Like the medical profession has never been wrong about things? :rofl:

And in terms of the specific examples you provided, true, in theory HDR brachy and SBRT/extreme hypofractionation were not supposed to work...and wouldn't have were it not for improvements in dose conformality that allowed the exclusion of most normal tissue from the radiation field. That, and the fact that careful guidelines and dose constraints have also been introduced in an attempt to avoid pushing the envelope too far.
 
Like the medical profession has never been wrong about things? :rofl:

And in terms of the specific examples you provided, true, in theory HDR brachy and SBRT/extreme hypofractionation were not supposed to work...and wouldn't have were it not for improvements in dose conformality that allowed the exclusion of most normal tissue from the radiation field. That, and the fact that careful guidelines and dose constraints have also been introduced in an attempt to avoid pushing the envelope too far.

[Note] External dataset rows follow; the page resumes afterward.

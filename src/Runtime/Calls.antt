-- ===== src/Runtime/Calls.antt =====
-- What holds of the Lambda invocations of an action of a turn, one rule for each way to build one.
use agent_builder_factory_ap.Base.{
  String, ◌≡◌, refl, subst, Bool, true, false, List, Memᴰ, Result, ok, err, pure, raise, continue,
  ◌>>=◌, ◌∙◌, if◌then◌else◌, string_key,
}
use agent_builder_factory_ap.Tools.Policy.{Invocation, write_audit_event}
use agent_builder_factory_ap.Runtime.Prompt.{Message}
use agent_builder_factory_ap.Runtime.State.{
  RunError, RuntimeTables, Process, Action, review_table, audit,
}

module _ ⦃t : RuntimeTables⦄ where
  abbrev pub invoked : Process → List Invocation
  invoked p = p.world.effects.invocations

  -- what holds of every invocation after an action, if it did before
  pub record Calls (J : Invocation → Type 0) {A : Type 0} (m : Action A) : Type 0 where
    pub at :
        (p : Process)
        → ((i : Invocation) → Memᴰ i (invoked p) → J i)
        → (i : Invocation) → Memᴰ i (invoked (m p).1)
        → J i

  -- an action that calls neither a function nor the model
  pub record Quiet {A : Type 0} (m : Action A) : Type 0 where
    pub invocations : (p : Process) → invoked (m p).1 ≡ invoked p
    pub completions : (p : Process) → (m p).1.completions ≡ p.completions

  -- the same as `Calls`, for an action that starts after the given prompts
  pub record CallsFrom (J : Invocation → Type 0) (earlier : List (List Message)) {A : Type 0}
      (m : Action A) : Type 0 where
    pub at :
        (p : Process)
        → p.completions ≡ earlier
        → ((i : Invocation) → Memᴰ i (invoked p) → J i)
        → (i : Invocation) → Memᴰ i (invoked (m p).1)
        → J i

  module _ (J : Invocation → Type 0) where
    module _ {A : Type 0} where
      pub Calls-pure : (a : A) → Calls J (pure a)
      unfolding pure
      Calls-pure a = record { at = λ p h. h }

      pub Calls-raise : (e : RunError) → Calls J (raise {A = A} e)
      unfolding raise
      Calls-raise e = record { at = λ p h. h }

      pub Calls-if :
          (b : Bool) (m n : Action A) → Calls J m → Calls J n → Calls J (if b then m else n)
      Calls-if true m n h k = h
      Calls-if false m n h k = k

      -- an action that leaves the invocations alone
      pub Calls-same : (m : Action A) → ((p : Process) → invoked (m p).1 ≡ invoked p) → Calls J m
      Calls-same m e = record { at = λ p h i k. h i (subst (Memᴰ i) (e p) k) }

    module _ {A B : Type 0} where
      Calls-continue :
          (r : Result RunError A) (f : A → Action B) (p : Process)
          → ((a : A) → Calls J (f a))
          → ((i : Invocation) → Memᴰ i (invoked p) → J i)
          → (i : Invocation) → Memᴰ i (invoked (continue r f p).1)
          → J i
      Calls-continue (ok a) f p k h = (k a).at p h
      Calls-continue (err e) f p k h = h

      pub Calls-bind :
          (m : Action A) (f : A → Action B)
          → Calls J m
          → ((a : A) → Calls J (f a))
          → Calls J (m >>= f)
      unfolding ◌>>=◌
      Calls-bind m f h k = record { at = λ p q. Calls-continue (m p).0 f (m p).1 k (h.at p q) }

    pub Calls-audit : (e r : String) → Calls J (audit e r)
    unfolding audit write_audit_event
    Calls-audit e r = Calls-same (audit e r) (λ p. refl)

    module _ (earlier : List (List Message)) where
      pub CallsFrom-Calls : {A : Type 0} (m : Action A) → Calls J m → CallsFrom J earlier m
      CallsFrom-Calls m h = record { at = λ p e. h.at p }

      module _ {A B : Type 0} where
        CallsFrom-continue :
            (r : Result RunError A) (f : A → Action B) (p : Process)
            → ((a : A) → CallsFrom J earlier (f a))
            → p.completions ≡ earlier
            → ((i : Invocation) → Memᴰ i (invoked p) → J i)
            → (i : Invocation) → Memᴰ i (invoked (continue r f p).1)
            → J i
        CallsFrom-continue (ok a) f p k e h = (k a).at p e h
        CallsFrom-continue (err x) f p k e h = h

        pub CallsFrom-bind :
            (m : Action A) (f : A → Action B)
            → Quiet m
            → ((a : A) → CallsFrom J earlier (f a))
            → CallsFrom J earlier (m >>= f)
        unfolding ◌>>=◌
        CallsFrom-bind m f q k = record {
          at = λ p e h.
              CallsFrom-continue (m p).0 f (m p).1 k (q.completions p ∙ e)
                (λ i n. h i (subst (Memᴰ i) (q.invocations p) n));
        }

  pub ruleset calls_rules = (Calls-pure, Calls-raise, Calls-if, Calls-bind, Calls-audit)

So if "in theory" (whatever that means) these things were "not supposed to work", then what does this mean? could this mean that a lot of what the "experts" are teaching us, testing us on, is in fact WRONG and that our understanding of it is minimal? There is no other field where people are still learning things that are in fact DISPROVEN by observation. I guess people gotta remain employed.
 
Like the medical profession has never been wrong about things? :rofl:

And in terms of the specific examples you provided, true, in theory HDR brachy and SBRT/extreme hypofractionation were not supposed to work...and wouldn't have were it not for improvements in dose conformality that allowed the exclusion of most normal tissue from the radiation field. That, and the fact that careful guidelines and dose constraints have also been introduced in an attempt to avoid pushing the envelope too far.
i wouldnt put it that way, having been in the field at the time. I would say that radiobiology raised concerns about hdr/ hypofractionation that were allayed by clinical experience, with small, and specific targets. No one was really saying "this is not supposed to work, more like-" lets proceed with cation" How quickly we proceed/expand targets was really the debate. We have always known that some small targets can take extreme ablative doses- like 80GY trigmeninal root entry zone, which first was done probably before i was born. Gamma knife was invented before the mri?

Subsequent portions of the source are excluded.